Der ver­se­hent­li­che Ver­zicht auf die münd­li­che Ver­hand­lung

Auf einen Ver­zicht des bei­getre­te­nen Bun­des­mi­nis­te­ri­ums der Finan­zen kommt es nicht an.

So ent­schied der Bun­des­fi­nanz­hof im vor­lie­gen­den Fall durch Urteil ohne münd­li­che Ver­hand­lung (§ 90 Abs. 2 i.V.m. § 121 FGO): Der Klä­ger hat auf eine münd­li­che Ver­hand­lung ver­zich­tet. Die­sen Ver­zicht hat auch das Finanz­amt erklärt.

Dass das Finanz­amt im Nach­gang zu sei­nem Ver­zicht die­sen wider­ru­fen hat, da der Ver­zicht "ver­se­hent­lich" erklärt wor­den sei, ist ohne Bedeu­tung, da der Ver­zicht als Pro­zess­hand­lung weder wegen Irr­tums anfecht­bar noch frei wider­ruf­bar ist1.

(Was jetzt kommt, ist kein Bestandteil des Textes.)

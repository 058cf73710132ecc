-- ===== src/Alerts/Tests.antt =====
-- Runs of internal/alerts/alerts.go at concrete metrics, and the theorems about it at those.
use mathlib.Core.List.Memᴰ
use monitoring.Base.{
  ◌==◌, if◌then◌else◌, Float64, of_nat, keep, lookup, insert, Text, bytes, text_discrete, ℕ, ◌+◌,
  ◌≡◌, refl, ap, ite, Bool, true, false, none, some, [], ◌∷◌, map, arith,
}
use monitoring.Storage.{
  cpu_usage, Alert, default_thresholds, new_tables, Error, failure, ok, err, Env, World, IsReliable,
  insert_alert,
}
use monitoring.Alerts.Engine.{
  UrlAlert, AllMetrics, Engine, new_engine, threshold, Check, disk_kind, url_kind, disk_check,
  url_check, gauge_check, checks, Progress, alert_at, fire, resolve, evaluate_check,
  evaluate_checks, evaluate, load_thresholds, update_threshold,
}
use monitoring.Alerts.Sync.{open_ids, InSync}
use monitoring.Alerts.Rounds.{level, is_active}
use monitoring.Alerts.Faults.{StopsAt, evaluate-StopsAt, resolve_fault}
use monitoring.Alerts.Evaluate.{expected, evaluate-expected}
use monitoring.Alerts.Kinds.{HasKeys}
use monitoring.Alerts.Levels.{evaluate-level, evaluate_unchecked, evaluate_again}
use monitoring.Alerts.Fired.{report, rises, evaluate-fired}
use monitoring.Alerts.Restart.{restart, ThresholdsAgree, update_threshold-agree}
use monitoring.Alerts.History.{evaluates, acknowledges, purges, restarts, run, run-InSync}

-- No statement fails, and the clock goes on by a second at each reading.
abbrev calm_env : Env
calm_env = record { faults = λ n. none; clock = λ n. 1000 + n; percent = λ a b. of_nat 100 }

calm_env-IsReliable : IsReliable calm_env
calm_env-IsReliable n = refl

-- Every statement fails.
abbrev failing_env : Env
failing_env = record calm_env { faults = λ n. some (failure (bytes "disk full")) }

abbrev empty_world : World
empty_world = record { tables = new_tables; calls = 0; reads = 0 }

abbrev loaded_engine : Engine
loaded_engine = record { thresholds = default_thresholds; active = [] }

abbrev metrics_of : ℕ → Bool → AllMetrics
metrics_of cpu up = record {
  cpu_percent = of_nat cpu;
  ram_percent = of_nat 40;
  swap_percent = of_nat 0;
  disks = record { mountpoint = bytes "/"; percent = of_nat 91 } ∷ [];
  url_stats = record { id = 7; url = bytes "http://a"; label = []; up = up } ∷ [];
}

abbrev busy : AllMetrics
busy = metrics_of 95 false

abbrev idle : AllMetrics
idle = metrics_of 5 true

abbrev busy_url : UrlAlert
busy_url = record { id = 7; url = bytes "http://a"; label = []; up = false }

abbrev cpu_check : Check
cpu_check = gauge_check loaded_engine (bytes "cpu_pct") (of_nat 95) cpu_usage

busy-HasKeys : HasKeys busy
busy-HasKeys = record { mounts = (tt, tt); ids = (tt, tt) }

empty_world-InSync : InSync loaded_engine.active empty_world.tables
unfolding open_ids lookup new_tables
empty_world-InSync = record { fresh = tt; agree = λ k. refl }

-- Three alerts are fired at first, and the two that an idle machine clears go.
busy_fires :
    map (λ (a : Alert). a.id) (evaluate calm_env loaded_engine busy empty_world).0.fired
    ≡ 1 ∷ 2 ∷ 3 ∷ []
unfolding evaluate evaluate_checks evaluate_check fire resolve insert_alert checks disk_check
    url_check lookup insert new_tables text_discrete of_nat
busy_fires = refl

run-InSync_example :
    let (e, w) =
      run calm_env
        (evaluates busy ∷ acknowledges 1 ∷ purges ∷ restarts ∷ evaluates idle ∷ [])
        loaded_engine
        empty_world in
    InSync e.active w.tables
run-InSync_example =
    run-InSync calm_env calm_env-IsReliable
      (evaluates busy ∷ acknowledges 1 ∷ purges ∷ restarts ∷ evaluates idle ∷ []) loaded_engine
      empty_world empty_world-InSync

evaluate-level_example :
    is_active (bytes "cpu_pct") (evaluate calm_env loaded_engine busy empty_world).0.active
    ≡ level cpu_check (is_active (bytes "cpu_pct") [])
unfolding checks
evaluate-level_example =
    evaluate-level calm_env calm_env-IsReliable loaded_engine busy empty_world cpu_check
      busy-HasKeys (Memᴰ.head refl)

evaluate-fired_example :
    map report (evaluate calm_env loaded_engine busy empty_world).0.fired
    ≡ keep (rises []) (checks loaded_engine busy)
evaluate-fired_example =
    evaluate-fired calm_env calm_env-IsReliable loaded_engine busy empty_world busy-HasKeys

evaluate_again_example :
    let p = (evaluate calm_env loaded_engine busy empty_world).0 in
    evaluate calm_env (record loaded_engine { active = p.active }) busy p.world
    ≡ (record p { fired = [] }, none)
evaluate_again_example =
    evaluate_again calm_env calm_env-IsReliable loaded_engine busy empty_world busy-HasKeys

evaluate-expected_example :
    is_active (url_kind 7) (evaluate calm_env loaded_engine busy empty_world).0.active
    ≡ expected (url_kind 7) (checks loaded_engine busy) (is_active (url_kind 7) [])
evaluate-expected_example =
    evaluate-expected calm_env calm_env-IsReliable loaded_engine busy empty_world (url_kind 7)

-- An engine that holds an alert of a disk that is not mounted any more.
abbrev gone_disk : Text
gone_disk = disk_kind (bytes "/mnt")

abbrev holding_engine : Engine
holding_engine = record loaded_engine { active = (gone_disk, 1) ∷ [] }

abbrev first_byte : Text → ℕ
first_byte [] = 0
first_byte (c ∷ s) = c

evaluate_unchecked_example :
    is_active gone_disk (evaluate calm_env holding_engine busy empty_world).0.active
    ≡ is_active gone_disk holding_engine.active
unfolding checks disk_check url_check
evaluate_unchecked_example =
    evaluate_unchecked calm_env calm_env-IsReliable holding_engine busy empty_world gone_disk (
      (λ e. cc),
      ((λ e. cc), ((λ e. cc), ((λ e. cc), ((λ e. omega (arith, ap first_byte e)), tt)))),
    )

restart_example :
    let (e, r, w) = load_thresholds calm_env new_engine empty_world in
    (r ≡ ok tt)
    × (e.thresholds ≡ empty_world.tables.thresholds)
    × ((k : Text) → lookup text_discrete k e.active ≡ lookup text_discrete k loaded_engine.active)
    × (w.tables ≡ empty_world.tables)
restart_example = restart calm_env calm_env-IsReliable loaded_engine empty_world empty_world-InSync

update_threshold-agree_example :
    let (e, r, w) =
      update_threshold calm_env loaded_engine (bytes "cpu_pct") (of_nat 50) empty_world in
    ThresholdsAgree e w.tables
    × ((r ≡ ok tt)
        → (k : Text) (default : Float64)
        → threshold e k default
          ≡ ite (text_discrete (bytes "cpu_pct") k) (of_nat 50) (threshold loaded_engine k default))
    × ((x : Error) → r ≡ err x → (e ≡ loaded_engine) × (w.tables ≡ empty_world.tables))
unfolding new_tables
update_threshold-agree_example =
    update_threshold-agree calm_env loaded_engine (bytes "cpu_pct") (of_nat 50) empty_world
      (λ k. refl)

abbrev start_progress : Progress
start_progress = record { active = []; fired = []; world = empty_world }

-- The second statement fails: the CPU is fired, and the disk is not.
abbrev late_env : Env
late_env = record calm_env {
  faults = λ n. if n == 1 then some (failure (bytes "disk full")) else none;
}

late_failure :
    (evaluate late_env loaded_engine busy empty_world).1 ≡ some (failure (bytes "disk full"))
unfolding evaluate evaluate_checks evaluate_check fire insert_alert lookup text_discrete of_nat
    new_tables checks insert disk_check
late_failure = refl

evaluate-StopsAt_example :
    StopsAt late_env (checks loaded_engine busy) start_progress (failure (bytes "disk full"))
evaluate-StopsAt_example =
    evaluate-StopsAt late_env loaded_engine busy empty_world (failure (bytes "disk full"))
      late_failure

-- A fired alert of the CPU, which then calms down.
abbrev calm_check : Check
calm_check = record cpu_check { value = of_nat 5 }

abbrev fired_alert : Alert
fired_alert = record (alert_at cpu_check 1000) { id = 1 }

abbrev held_world : World
held_world = record {
  tables = record new_tables { alerts = fired_alert ∷ []; next_alert = 2 };
  calls = 1;
  reads = 1;
}

abbrev held_progress : Progress
held_progress = record { active = (bytes "cpu_pct", 1) ∷ []; fired = []; world = held_world }

held_progress-InSync : InSync held_progress.active held_progress.world.tables
unfolding open_ids lookup new_tables
held_progress-InSync = record { fresh = (omega arith, tt); agree = λ k. ground arith }

-- The second statement fails, and no other.
abbrev flaky_env : Env
flaky_env = record calm_env {
  faults = λ n. if n == 1 then some (failure (bytes "disk full")) else none;
}

resolve_fault_example :
    let (p, r) = evaluate_check flaky_env calm_check held_progress in
    (r ≡ none)
    × (lookup text_discrete (bytes "cpu_pct") p.active ≡ none)
    × (open_ids (bytes "cpu_pct") p.world.tables.alerts ≡ 1 ∷ [])
    × ((d : Check)
        → d.kind ≡ bytes "cpu_pct"
        → level d false ≡ true
        → flaky_env.faults p.world.calls ≡ none
        → open_ids (bytes "cpu_pct") (evaluate_check flaky_env d p).0.world.tables.alerts
          ≡ p.world.tables.next_alert ∷ 1 ∷ [])
unfolding lookup text_discrete of_nat
resolve_fault_example =
    resolve_fault flaky_env calm_check held_progress 1 (failure (bytes "disk full"))
      held_progress-InSync refl refl refl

Zudem kön­nen auf­grund der pro­zess­ge­stal­ten­den Wir­kung wie auch im Inter­es­se einer ein­deu­ti­gen und kla­ren pro­zess­recht­li­chen Lage offen­ba­re, ins­be­son­de­re auf einem Ver­schrei­ben oder sons­ti­gem Ver­se­hen beru­hen­de Irr­tü­mer nur rich­tig­ge­stellt wer­den, wenn sie ‑wor­an es vor­lie­gend fehlt- dem Emp­fän­ger der Erklä­rung bekannt oder zumin­dest erkenn­bar waren2.

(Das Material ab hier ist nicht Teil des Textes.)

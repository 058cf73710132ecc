-- ===== src/Config.antt =====
-- internal/config/config.go: the configuration, from the values that the package flag finds. What bcrypt
-- makes of a password is an argument, none where it refuses it, and so is whether the directory can be
-- made; `log.Fatal` is the answer none. TrimSpace is written for the ASCII spaces.
pub mod Names
pub mod Tests
use monitoring.Base.{
  leb, ◌==◌, if◌then◌else◌, is_some, decimal, keep, Text, bytes, ℤ, pos, negsuc, ℕ, suc, Bool, true,
  false, ◌&&◌, ◌||◌, Option, none, some, List, [], ◌∷◌, ◌++◌, map,
}

-- A nil hash is none.
pub record Config : Type 0 where
  pub host : Text
  pub port : ℤ
  pub data_dir : Text
  pub basic_auth_user : Text
  pub basic_auth_hash : Option Text
  pub services : List Text
  pub log_level : Text

unfoldable pub auth_enabled : Config → Bool
auth_enabled c = is_some c.basic_auth_hash

-- `%d` for an int
abbrev pub decimal_int : ℤ → Text
decimal_int (pos n) = decimal n
decimal_int (negsuc n) = b'-' ∷ decimal (suc n)

-- `fmt.Sprintf("%s:%d", host, port)`
unfoldable pub host_and_port : Text → ℤ → Text
host_and_port host port = host ++ (b':' ∷ decimal_int port)

unfoldable pub addr : Config → Text
unfolding host_and_port
addr c = host_and_port c.host c.port

abbrev add_front : ℕ → Option (Text × Text) → Option (Text × Text)
add_front c none = none
add_front c (some (before, after)) = some (c ∷ before, after)

-- `strings.Cut(s, ":")`
unfoldable pub cut_colon : Text → Option (Text × Text)
cut_colon [] = none
cut_colon (c ∷ s) = let rest = cut_colon s in if c == b':' then some ([], s) else add_front c rest

abbrev set_hash : Text → Config → Option Text → Option Config
set_hash user c none = none
set_hash user c (some hash) =
    some (record c { basic_auth_user = user; basic_auth_hash = some hash })

abbrev set_user : (Text → Option Text) → Config → Option (Text × Text) → Option Config
set_user hash c none = none
set_user hash c (some ([], pass)) = none
set_user hash c (some (u ∷ user, [])) = none
set_user hash c (some (u ∷ user, p ∷ pass)) = set_hash (u ∷ user) c (hash (p ∷ pass))

unfoldable pub set_basic_auth : (Text → Option Text) → Text → Config → Option Config
set_basic_auth hash [] c = some c
set_basic_auth hash (b ∷ auth) c = set_user hash c (cut_colon (b ∷ auth))

abbrev add_piece : ℕ → List Text → List Text
add_piece c [] = (c ∷ []) ∷ []
add_piece c (p ∷ ps) = (c ∷ p) ∷ ps

-- `strings.Split(s, ",")`: one piece more than there are commas.
unfoldable pub split_comma : Text → List Text
split_comma [] = [] ∷ []
split_comma (c ∷ s) = let rest = split_comma s in if c == b',' then [] ∷ rest else add_piece c rest

abbrev pub is_space : ℕ → Bool
is_space c = c == 32 || (leb 9 c && leb c 13)

abbrev pub trim_left : Text → Text
trim_left [] = []
trim_left (c ∷ s) = let rest = trim_left s in if is_space c then rest else c ∷ s

abbrev pub keep_unless_blank : ℕ → Text → Text
keep_unless_blank c [] = if is_space c then [] else c ∷ []
keep_unless_blank c (d ∷ s) = c ∷ d ∷ s

abbrev pub trim_right : Text → Text
trim_right [] = []
trim_right (c ∷ s) = keep_unless_blank c (trim_right s)

abbrev pub is_name : Text → Bool
is_name [] = false
is_name (c ∷ s) = true

-- `strings.TrimSpace`
unfoldable pub trim_space : Text → Text
trim_space s = trim_right (trim_left s)

unfoldable pub set_services : Text → Config → Config
set_services [] c = c
set_services (b ∷ names) c = record c {
  services = c.services ++ keep is_name (map trim_space (split_comma (b ∷ names)));
}

-- The values of the flags.
pub record Flags : Type 0 where
  pub host : Text
  pub port : ℤ
  pub data_dir : Text
  pub log_level : Text
  pub basic_auth : Text
  pub services : Text

-- The flags that are not given.
abbrev pub default_flags : Flags
default_flags = record {
  host = bytes "0.0.0.0";
  port = pos 47291;
  data_dir = bytes "./data";
  log_level = bytes "info";
  basic_auth = [];
  services = [];
}

abbrev pub config_of : Flags → Config
config_of f = record {
  host = f.host;
  port = f.port;
  data_dir = f.data_dir;
  basic_auth_user = [];
  basic_auth_hash = none;
  services = [];
  log_level = f.log_level;
}

abbrev pub with_services : Text → Bool → Option Config → Option Config
with_services names made none = none
with_services names made (some c) = if made then some (set_services names c) else none

unfoldable pub parse_flags : (Text → Option Text) → (Text → Bool) → Flags → Option Config
unfolding set_basic_auth set_services
parse_flags hash made f =
    with_services f.services (made f.data_dir) (set_basic_auth hash f.basic_auth (config_of f))
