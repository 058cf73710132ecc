-- ===== src/Config/Names.antt =====
-- The flag `--services` of internal/config/config.go: names with commas between them, and any number of
-- spaces around them.
use mathlib.Core.Path.{ap₂}
use monitoring.Base.{
  keep, All, All-append, All-imp, Text, ℕ, zero, suc, ◌<◌, ◌≡◌, refl, ap, ◌∙◌, ◌≢◌, Bool, true,
  false, Option, none, some, List, [], ◌∷◌, ◌++◌, map, arith,
}
use monitoring.Config.{
  Config, set_basic_auth, split_comma, is_space, trim_left, keep_unless_blank, trim_right, is_name,
  trim_space, set_services, Flags, config_of, parse_flags,
}

unfoldable pub spaces : ℕ → Text
spaces zero = []
spaces (suc n) = b' ' ∷ spaces n

-- A name with the spaces before and behind it.
pub record Piece : Type 0 where
  pub before : ℕ
  pub name : Text
  pub after : ℕ

abbrev pub piece_text : Piece → Text
piece_text p = spaces p.before ++ (p.name ++ spaces p.after)

-- The pieces with commas between them.
unfoldable pub join_comma : Piece → List Piece → Text
join_comma p [] = piece_text p
join_comma p (q ∷ rest) = piece_text p ++ (b',' ∷ join_comma q rest)

abbrev pub IsLetter : ℕ → Type 0
IsLetter c = (is_space c ≡ false) × (c ≢ b',') × (c < 128)

-- A name has a byte, all are ASCII, and none is a comma or a space.
abbrev pub IsProper : Piece → Type 0
IsProper p = (is_name p.name ≡ true) × All IsLetter p.name

abbrev NoComma : Text → Type 0
NoComma s = All (λ (c : ℕ). c ≢ b',') s

spaces-NoComma : (n : ℕ) → NoComma (spaces n)
unfolding spaces
spaces-NoComma zero = tt
spaces-NoComma (suc n) = ((λ e. omega arith), spaces-NoComma n)

piece-NoComma : (p : Piece) → IsProper p → NoComma (piece_text p)
piece-NoComma p h =
    All-append _ (spaces p.before) (p.name ++ spaces p.after) (spaces-NoComma p.before) (
      All-append _ p.name (spaces p.after) (All-imp _ _ p.name (λ c k. k.1) h.1)
        (spaces-NoComma p.after))

split_comma-last : (s : Text) → NoComma s → split_comma s ≡ s ∷ []
unfolding split_comma
split_comma-last [] h = refl
split_comma-last (c ∷ s) h = ground (arith, h.0, split_comma-last s h.1)

split_comma-first :
    (s rest : Text) → NoComma s → split_comma (s ++ (b',' ∷ rest)) ≡ s ∷ split_comma rest
unfolding split_comma
split_comma-first [] rest h = refl
split_comma-first (c ∷ s) rest h = ground (arith, h.0, split_comma-first s rest h.1)

trim_left-spaces : (n : ℕ) (s : Text) → trim_left (spaces n ++ s) ≡ trim_left s
unfolding spaces
trim_left-spaces zero s = refl
trim_left-spaces (suc n) s = trim_left-spaces n s

trim_right-spaces : (n : ℕ) → trim_right (spaces n) ≡ []
unfolding spaces
trim_right-spaces zero = refl
trim_right-spaces (suc n) = rw (trim_right-spaces n) refl

kept_byte : (c : ℕ) (s : Text) → is_space c ≡ false → keep_unless_blank c s ≡ c ∷ s
kept_byte c [] h = rw h refl
kept_byte c (d ∷ s) h = refl

trim_right-name : (s : Text) (n : ℕ) → All IsLetter s → trim_right (s ++ spaces n) ≡ s
trim_right-name [] n h = trim_right-spaces n
trim_right-name (c ∷ s) n h = rw (trim_right-name s n h.1) (kept_byte c s h.0.0)

trim_left-name :
    (s rest : Text) → is_name s ≡ true → All IsLetter s → trim_left (s ++ rest) ≡ s ++ rest
trim_left-name [] rest f h = cc
trim_left-name (c ∷ s) rest f h = rw (h.0.0) refl

trim_space-piece : (p : Piece) → IsProper p → trim_space (piece_text p) ≡ p.name
unfolding trim_space
trim_space-piece p h =
    ap trim_right (
      trim_left-spaces p.before (p.name ++ spaces p.after)
      ∙ trim_left-name p.name (spaces p.after) h.0 h.1)
    ∙ trim_right-name p.name p.after h.1

abbrev pub names_of : List Piece → List Text
names_of ps = map (λ (p : Piece). p.name) ps

trimmed-join_comma :
    (p : Piece) (rest : List Piece)
    → All IsProper (p ∷ rest)
    → map trim_space (split_comma (join_comma p rest)) ≡ names_of (p ∷ rest)
unfolding join_comma
trimmed-join_comma p [] h =
    rw (split_comma-last (piece_text p) (piece-NoComma p h.0), trim_space-piece p h.0) refl
trimmed-join_comma p (q ∷ rest) h =
    ap (map trim_space) (split_comma-first (piece_text p) (join_comma q rest) (piece-NoComma p h.0))
    ∙ ap₂ ◌∷◌ (trim_space-piece p h.0) (trimmed-join_comma q rest h.1)

keep-names : (ps : List Piece) → All IsProper ps → keep is_name (names_of ps) ≡ names_of ps
keep-names [] h = refl
keep-names (p ∷ ps) h = rw (h.0.0, keep-names ps h.1) refl

is_name-append : (s t : Text) → is_name t ≡ true → is_name (s ++ t) ≡ true
is_name-append [] t h = h
is_name-append (c ∷ s) t h = refl

append-is_name : (s t : Text) → is_name s ≡ true → is_name (s ++ t) ≡ true
append-is_name [] t h = cc
append-is_name (c ∷ s) t h = refl

piece-is_name : (p : Piece) → IsProper p → is_name (piece_text p) ≡ true
piece-is_name p h =
    is_name-append (spaces p.before) (p.name ++ spaces p.after)
      (append-is_name p.name (spaces p.after) h.0)

join_comma-is_name :
    (p : Piece) (rest : List Piece) → IsProper p → is_name (join_comma p rest) ≡ true
unfolding join_comma
join_comma-is_name p [] h = piece-is_name p h
join_comma-is_name p (q ∷ rest) h = append-is_name (piece_text p) _ (piece-is_name p h)

set_services-name :
    (s : Text) (c : Config)
    → is_name s ≡ true
    → set_services s c
      ≡ record c { services = c.services ++ keep is_name (map trim_space (split_comma s)) }
unfolding set_services
set_services-name [] c h = cc
set_services-name (b ∷ s) c h = refl

module _ (hash : Text → Option Text) (made : Text → Bool) where
  -- Let `--services` be some names, each not empty, of ASCII characters and without commas and
  -- spaces, with commas between them and any number of spaces around each; let there be no
  -- `--basic-auth`, and let the data directory be made. Then the configuration has just those
  -- names, in order, authentication is off, and the other fields are the flags.
  pub parse_flags-names :
      (f : Flags) (p : Piece) (rest : List Piece)
      → All IsProper (p ∷ rest)
      → made f.data_dir ≡ true
      → parse_flags hash made (record f { basic_auth = []; services = join_comma p rest })
        ≡ some (record {
          host = f.host;
          port = f.port;
          data_dir = f.data_dir;
          basic_auth_user = [];
          basic_auth_hash = none;
          services = names_of (p ∷ rest);
          log_level = f.log_level;
        })
  unfolding parse_flags set_basic_auth
  parse_flags-names f p rest h e =
      rw
        (
          e,
          set_services-name (join_comma p rest) (config_of f) (join_comma-is_name p rest h.0),
          trimmed-join_comma p rest h,
          keep-names (p ∷ rest) h,
        )
        refl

Unbe­acht­lich ist dabei für den Bun­des­fi­nanz­hof, dass das bei­gela­de­ne Bun­des­mi­nis­te­ri­um der Finan­zen (BMF) kei­nen Ver­zicht auf münd­li­che Ver­hand­lung erklärt hat, da ihm kei­ne wei­ter­ge­hen­den Rech­te als den Ver­fah­rens­be­tei­lig­ten zuste­hen3.

Bun­des­fi­nanz­hof, Urteil vom 10. Janu­ar 2019 – V R 60/​17

  1. vgl. BFH, Urtei­le vom 20.06.1967 – II 73/​63, BFHE 90, 82, BSt­Bl III 1967, 794; vom 26.11.1970 – IV R 131/​69, BFHE 101, 61, BSt­Bl II 1971, 241; vom 04.04.1974 – V R 161/​72, BFHE 112, 316, BSt­Bl II 1974, 532; BFH, Beschlüs­se vom 07.02.1990 – III R 101/​87, BFH/​NV 1991, 402; und vom 20.06.2016 – VI B 115/​15, BFH/​NV 2016, 1482 []
  2. BFH, Urteil vom 08.04.2014 – I R 51/​12, BFHE 246, 7, BSt­Bl II 2014, 982 []
  3. BFH, Urteil vom 11.11.2010 – VI R 17/​09, BFHE 232, 40, BSt­Bl II 2011, 969 []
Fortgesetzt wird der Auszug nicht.